People living with dementia and their caregivers are asking for more support and a better-integrated health care system that is easier to navigate, to provide for the often complex needs of elderly adults with some form of cognitive impairment. According to new research out of the University of Waterloo that has informed the Frail Senior Strategy in Ontario, Canada, more education and respite for caregivers, along with support for transitions into long-term care are needed for family caregivers.
With a rapidly aging population, more family caregivers are shouldering the burden of caring for elderly relatives and many are struggling to juggle work, raising children and providing care for seniors. Sandwiched between so many responsibilities and lacking the time for self-care, many informal caregivers suffer burnout.
The new provincial strategy for frail seniors brings not only health care professionals and seniors to the table, but also the family caregivers who need support within the community and are asking for a more integrated system.
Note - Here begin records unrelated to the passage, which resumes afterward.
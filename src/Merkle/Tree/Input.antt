-- ===== src/Merkle/Tree/Input.antt =====
-- What a leaf of the Merkle tree of src/kvsrv/merkle.go hashes: equal inputs come from equal buckets.
use dynamo_kvsrv_pbs.Prelude.{
  ℕ, ◌≡◌, ◌≢◌, refl, sym, ◌∙◌, ap, String, List, [], ◌∷◌, ◌++◌, map, length, Bytes, arith, All,
  Bool-cases, inl, inr, is_sorted, before_string, length-sort_by,
}
use mathlib.Core.List.{append_assoc}
use dynamo_kvsrv_pbs.Rpc.Object.{Object}
use dynamo_kvsrv_pbs.Merkle.Encode.{
  write_uint64, write_string, write_objects, write_object, ordered, write_kv_pair,
}
use dynamo_kvsrv_pbs.Merkle.Encode.Lengths.{length-ordered}
use dynamo_kvsrv_pbs.Merkle.Encode.Injective.{
  IsReadable, IsUint64, IsFitString, IsFitObject, ObjectView, view_object, write_uint64-IsReadable,
  seq-IsReadable, list-IsReadable, write_string-IsReadable, write_object-IsReadable,
}
use dynamo_kvsrv_pbs.Merkle.Tree.{sorted_keys, write_pairs, leaf_input, empty_mark}

-- A key with its versions, and what is written of it.
abbrev Pair : Type 0
Pair = String × List Object

abbrev view_pair : Pair → String × List ObjectView
view_pair pair = (pair.0, map view_object (ordered pair.1))

abbrev IsFitPair : Pair → Type 0
IsFitPair pair = IsFitString pair.0 × IsUint64 (length pair.1) × All IsFitObject (ordered pair.1)

write_kv_pair-IsReadable : IsReadable IsFitPair (λ pair. write_kv_pair pair.0 pair.1) view_pair
unfolding write_kv_pair write_objects
write_kv_pair-IsReadable x y u v h k e =
    let head : Pair → Bytes = λ p. write_string p.0 ++ write_uint64 (length p.1) in
    let p =
      seq-IsReadable (λ (q : Pair). IsFitString q.0) (λ q. IsUint64 (length q.1))
        (λ q. write_string q.0) (λ q. write_uint64 (length q.1)) (λ q. q.0) (λ q. length q.1)
        (λ a b. write_string-IsReadable a.0 b.0)
        (λ a b. write_uint64-IsReadable (length a.1) (length b.1)) x y
        (write_objects (ordered x.1) ++ u) (write_objects (ordered y.1) ++ v) (h.0, h.1) (k.0, k.1)
        (sym (append_assoc (head x) (write_objects (ordered x.1)) u)
          ∙ e
          ∙ append_assoc (head y) (write_objects (ordered y.1)) v) in
    let keys = ap (λ q. q.0) p.0 in
    let counts = ap (λ q. q.1) p.0 in
    let q =
      list-IsReadable IsFitObject write_object view_object write_object-IsReadable write_objects
        refl (λ o os. refl) (ordered x.1) (ordered y.1) u v
        (length-ordered x.1 ∙ counts ∙ sym (length-ordered y.1)) h.2 k.2 p.1 in
    (cc (keys, q.0), q.1)

all_pairs : List Pair → Bytes
all_pairs [] = []
all_pairs (p ∷ ps) = write_kv_pair p.0 p.1 ++ all_pairs ps

abbrev pairs_of : (String → List Object) → List String → List Pair
pairs_of siblings keys = map (λ key. (key, siblings key)) keys

write_pairs-all_pairs :
    (siblings : String → List Object) (keys : List String)
    → write_pairs siblings keys ≡ all_pairs (pairs_of siblings keys)
unfolding write_pairs all_pairs
write_pairs-all_pairs siblings [] = refl
write_pairs-all_pairs siblings (key ∷ keys) =
    ap (write_kv_pair key (siblings key) ++◌) (write_pairs-all_pairs siblings keys)

length-pairs_of :
    (siblings : String → List Object) (keys : List String)
    → length (pairs_of siblings keys) ≡ length keys
length-pairs_of siblings [] = refl
length-pairs_of siblings (key ∷ keys) = omega (arith, length-pairs_of siblings keys)

pub length-sorted_keys : (keys : List String) → length (sorted_keys keys) ≡ length keys
unfolding sorted_keys
length-sorted_keys keys = elim (Bool-cases (is_sorted before_string keys)) [
  | inl e ↦ rw e refl
  | inr e ↦ rw e (length-sort_by before_string keys)
]

-- What a leaf's input shows of a bucket: its keys in order, each with its versions as they are
-- written, in order.
abbrev pub view_bucket : (String → List Object) → List String → List (String × List ObjectView)
view_bucket siblings keys = map view_pair (pairs_of siblings (sorted_keys keys))

-- Every length and number that is written of a bucket is a uint64.
pub record IsFitBucket (siblings : String → List Object) (keys : List String) : Type 0 where
  pub count : IsUint64 (length keys)
  pub pairs : All IsFitPair (pairs_of siblings (sorted_keys keys))

-- What a leaf hashes determines the bucket: two buckets with one input have the same keys, each
-- with the same values, timestamps and clocks, if all lengths and numbers that are written of
-- them fit in a uint64.
pub leaf_input_injective :
    (siblings other : String → List Object) (keys other_keys : List String)
    → IsFitBucket siblings keys
    → IsFitBucket other other_keys
    → leaf_input siblings keys ≡ leaf_input other other_keys
    → view_bucket siblings keys ≡ view_bucket other other_keys
unfolding leaf_input all_pairs
leaf_input_injective siblings other keys other_keys f g e =
    let first = write_pairs siblings (sorted_keys keys) in
    let second = write_pairs other (sorted_keys other_keys) in
    let marks = empty_mark ++ empty_mark in
    let regroup : (n : ℕ) (b : Bytes)
        → write_uint64 n ++ b ++ empty_mark ++ empty_mark ≡ write_uint64 n ++ (b ++ marks) =
      λ n b.
        append_assoc (write_uint64 n ++ b) empty_mark empty_mark
        ∙ append_assoc (write_uint64 n) b marks in
    let p =
      write_uint64-IsReadable (length keys) (length other_keys) (first ++ marks) (second ++ marks)
        f.count g.count
        (sym (regroup (length keys) first) ∙ e ∙ regroup (length other_keys) second) in
    let counts =
      length-pairs_of siblings (sorted_keys keys)
      ∙ length-sorted_keys keys
      ∙ p.0
      ∙ sym (length-sorted_keys other_keys)
      ∙ sym (length-pairs_of other (sorted_keys other_keys)) in
    (list-IsReadable IsFitPair (λ pair. write_kv_pair pair.0 pair.1) view_pair
      write_kv_pair-IsReadable all_pairs refl (λ q qs. refl) (pairs_of siblings (sorted_keys keys))
      (pairs_of other (sorted_keys other_keys)) marks marks counts f.pairs g.pairs
      (ap (λ q. q ++ marks) (sym (write_pairs-all_pairs siblings (sorted_keys keys)))
        ∙ p.1
        ∙ ap (λ q. q ++ marks) (write_pairs-all_pairs other (sorted_keys other_keys)))).0

-- What is written first shows whether there are keys.
pub leaf_input_nonempty :
    (siblings : String → List Object) (keys : List String)
    → IsUint64 (length keys)
    → keys ≢ []
    → leaf_input siblings keys ≢ write_uint64 0 ++ empty_mark ++ empty_mark
unfolding leaf_input
leaf_input_nonempty siblings [] f n e = n refl
leaf_input_nonempty siblings (key ∷ keys) f n e =
    let marks = empty_mark ++ empty_mark in
    let pairs = write_pairs siblings (sorted_keys (key ∷ keys)) in
    let regroup : write_uint64 (length (key ∷ keys)) ++ pairs ++ empty_mark ++ empty_mark
        ≡ write_uint64 (length (key ∷ keys)) ++ (pairs ++ marks) =
      append_assoc (write_uint64 (length (key ∷ keys)) ++ pairs) empty_mark empty_mark
      ∙ append_assoc (write_uint64 (length (key ∷ keys))) pairs marks in
    let p =
      write_uint64-IsReadable (length (key ∷ keys)) 0 (pairs ++ marks) marks f (omega arith)
        (sym regroup ∙ e ∙ append_assoc (write_uint64 0) empty_mark empty_mark) in
    absurd (omega (arith, p.0))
More day programs, overnight respite care, behavioral support, and teams to help caregivers with a transition into a long-term care or retirement facility are part of the plan; to be implemented over the next two years. The person-centered strategy is hoped to provide better care for growing numbers of older adults living with dementia.
In Canada, more than 400,000 older adults are currently living with dementia, and with 80,000 new cases diagnosed each year, the direct care costs are expected to rise from $15 billion to $153 billion annually by 2038, according to the Waterloo study. More care partner support is needed for family and loved ones who often feel stressed and overwhelmed under the weight of caregiving for an elderly person with dementia. And with more access to services, coordinated care, training for the dementia workforce, and greater awareness and dementia-friendly communities, the needs of seniors and their caregivers can be better met.